> **TASK DETAILS**: For each line below that holds the string "Option", add one to a tally; report that tally alone.

> **EXERCISE INPUT**:
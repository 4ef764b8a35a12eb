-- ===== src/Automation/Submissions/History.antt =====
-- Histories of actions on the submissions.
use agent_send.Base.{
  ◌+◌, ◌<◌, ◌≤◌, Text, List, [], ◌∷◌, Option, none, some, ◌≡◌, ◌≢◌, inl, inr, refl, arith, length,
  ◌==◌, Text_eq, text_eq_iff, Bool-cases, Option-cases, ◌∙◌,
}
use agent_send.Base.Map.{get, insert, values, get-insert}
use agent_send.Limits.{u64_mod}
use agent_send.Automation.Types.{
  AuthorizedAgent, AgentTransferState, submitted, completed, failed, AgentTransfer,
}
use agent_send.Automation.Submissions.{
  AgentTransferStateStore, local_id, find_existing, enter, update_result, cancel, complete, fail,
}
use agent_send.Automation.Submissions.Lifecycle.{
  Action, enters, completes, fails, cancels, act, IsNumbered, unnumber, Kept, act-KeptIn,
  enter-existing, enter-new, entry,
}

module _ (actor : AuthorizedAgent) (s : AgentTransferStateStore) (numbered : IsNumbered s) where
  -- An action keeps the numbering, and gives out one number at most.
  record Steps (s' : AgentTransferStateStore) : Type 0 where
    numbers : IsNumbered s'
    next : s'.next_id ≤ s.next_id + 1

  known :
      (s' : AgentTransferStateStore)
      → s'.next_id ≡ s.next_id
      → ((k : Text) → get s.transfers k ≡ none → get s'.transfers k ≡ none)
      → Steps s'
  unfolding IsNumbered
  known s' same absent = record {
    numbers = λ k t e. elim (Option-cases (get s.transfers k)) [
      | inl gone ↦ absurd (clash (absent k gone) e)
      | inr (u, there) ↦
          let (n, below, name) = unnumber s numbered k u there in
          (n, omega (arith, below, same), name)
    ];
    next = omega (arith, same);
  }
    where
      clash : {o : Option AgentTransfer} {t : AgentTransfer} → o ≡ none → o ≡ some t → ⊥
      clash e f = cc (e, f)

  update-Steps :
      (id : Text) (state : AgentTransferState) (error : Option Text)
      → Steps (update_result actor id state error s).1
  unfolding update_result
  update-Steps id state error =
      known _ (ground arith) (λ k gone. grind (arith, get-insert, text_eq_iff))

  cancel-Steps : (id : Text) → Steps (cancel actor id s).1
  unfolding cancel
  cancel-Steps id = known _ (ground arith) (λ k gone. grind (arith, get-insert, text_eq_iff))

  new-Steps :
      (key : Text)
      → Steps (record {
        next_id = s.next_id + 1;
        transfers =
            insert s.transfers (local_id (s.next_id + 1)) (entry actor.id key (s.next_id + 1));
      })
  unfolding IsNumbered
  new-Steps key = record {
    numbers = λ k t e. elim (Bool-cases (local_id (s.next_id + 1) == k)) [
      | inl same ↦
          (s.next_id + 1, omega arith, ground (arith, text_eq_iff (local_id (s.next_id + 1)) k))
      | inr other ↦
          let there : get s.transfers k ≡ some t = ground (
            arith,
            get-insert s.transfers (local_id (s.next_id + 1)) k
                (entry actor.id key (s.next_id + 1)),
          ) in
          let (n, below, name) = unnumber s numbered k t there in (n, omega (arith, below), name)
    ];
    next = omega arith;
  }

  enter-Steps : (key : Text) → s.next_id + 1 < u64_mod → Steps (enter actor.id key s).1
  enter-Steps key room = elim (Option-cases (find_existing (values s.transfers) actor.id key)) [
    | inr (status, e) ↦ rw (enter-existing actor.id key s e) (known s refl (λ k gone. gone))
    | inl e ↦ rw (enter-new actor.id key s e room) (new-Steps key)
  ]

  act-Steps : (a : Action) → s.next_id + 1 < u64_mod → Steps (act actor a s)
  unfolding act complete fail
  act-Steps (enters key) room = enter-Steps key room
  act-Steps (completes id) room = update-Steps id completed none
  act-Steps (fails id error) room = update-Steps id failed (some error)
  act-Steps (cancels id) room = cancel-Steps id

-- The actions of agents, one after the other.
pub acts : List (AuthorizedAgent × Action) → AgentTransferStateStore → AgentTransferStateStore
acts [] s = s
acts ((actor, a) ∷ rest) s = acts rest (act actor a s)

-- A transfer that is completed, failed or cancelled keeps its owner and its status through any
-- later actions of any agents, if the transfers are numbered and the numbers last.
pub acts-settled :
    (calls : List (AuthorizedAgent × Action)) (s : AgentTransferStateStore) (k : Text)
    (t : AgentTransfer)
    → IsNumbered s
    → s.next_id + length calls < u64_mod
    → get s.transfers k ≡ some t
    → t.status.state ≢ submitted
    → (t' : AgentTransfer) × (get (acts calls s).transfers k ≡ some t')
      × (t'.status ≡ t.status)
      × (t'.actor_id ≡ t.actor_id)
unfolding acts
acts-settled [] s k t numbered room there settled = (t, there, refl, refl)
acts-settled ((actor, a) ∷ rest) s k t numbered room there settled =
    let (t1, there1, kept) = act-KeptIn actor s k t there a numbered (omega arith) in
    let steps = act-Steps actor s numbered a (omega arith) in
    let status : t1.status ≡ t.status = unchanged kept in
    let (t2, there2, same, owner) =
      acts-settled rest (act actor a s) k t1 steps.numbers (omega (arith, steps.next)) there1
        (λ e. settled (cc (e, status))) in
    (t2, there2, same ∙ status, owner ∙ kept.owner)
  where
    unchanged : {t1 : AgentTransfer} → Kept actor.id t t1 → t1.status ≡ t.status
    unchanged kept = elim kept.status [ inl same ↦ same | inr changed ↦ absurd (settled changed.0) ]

> **SOLVED PROBLEM**: 6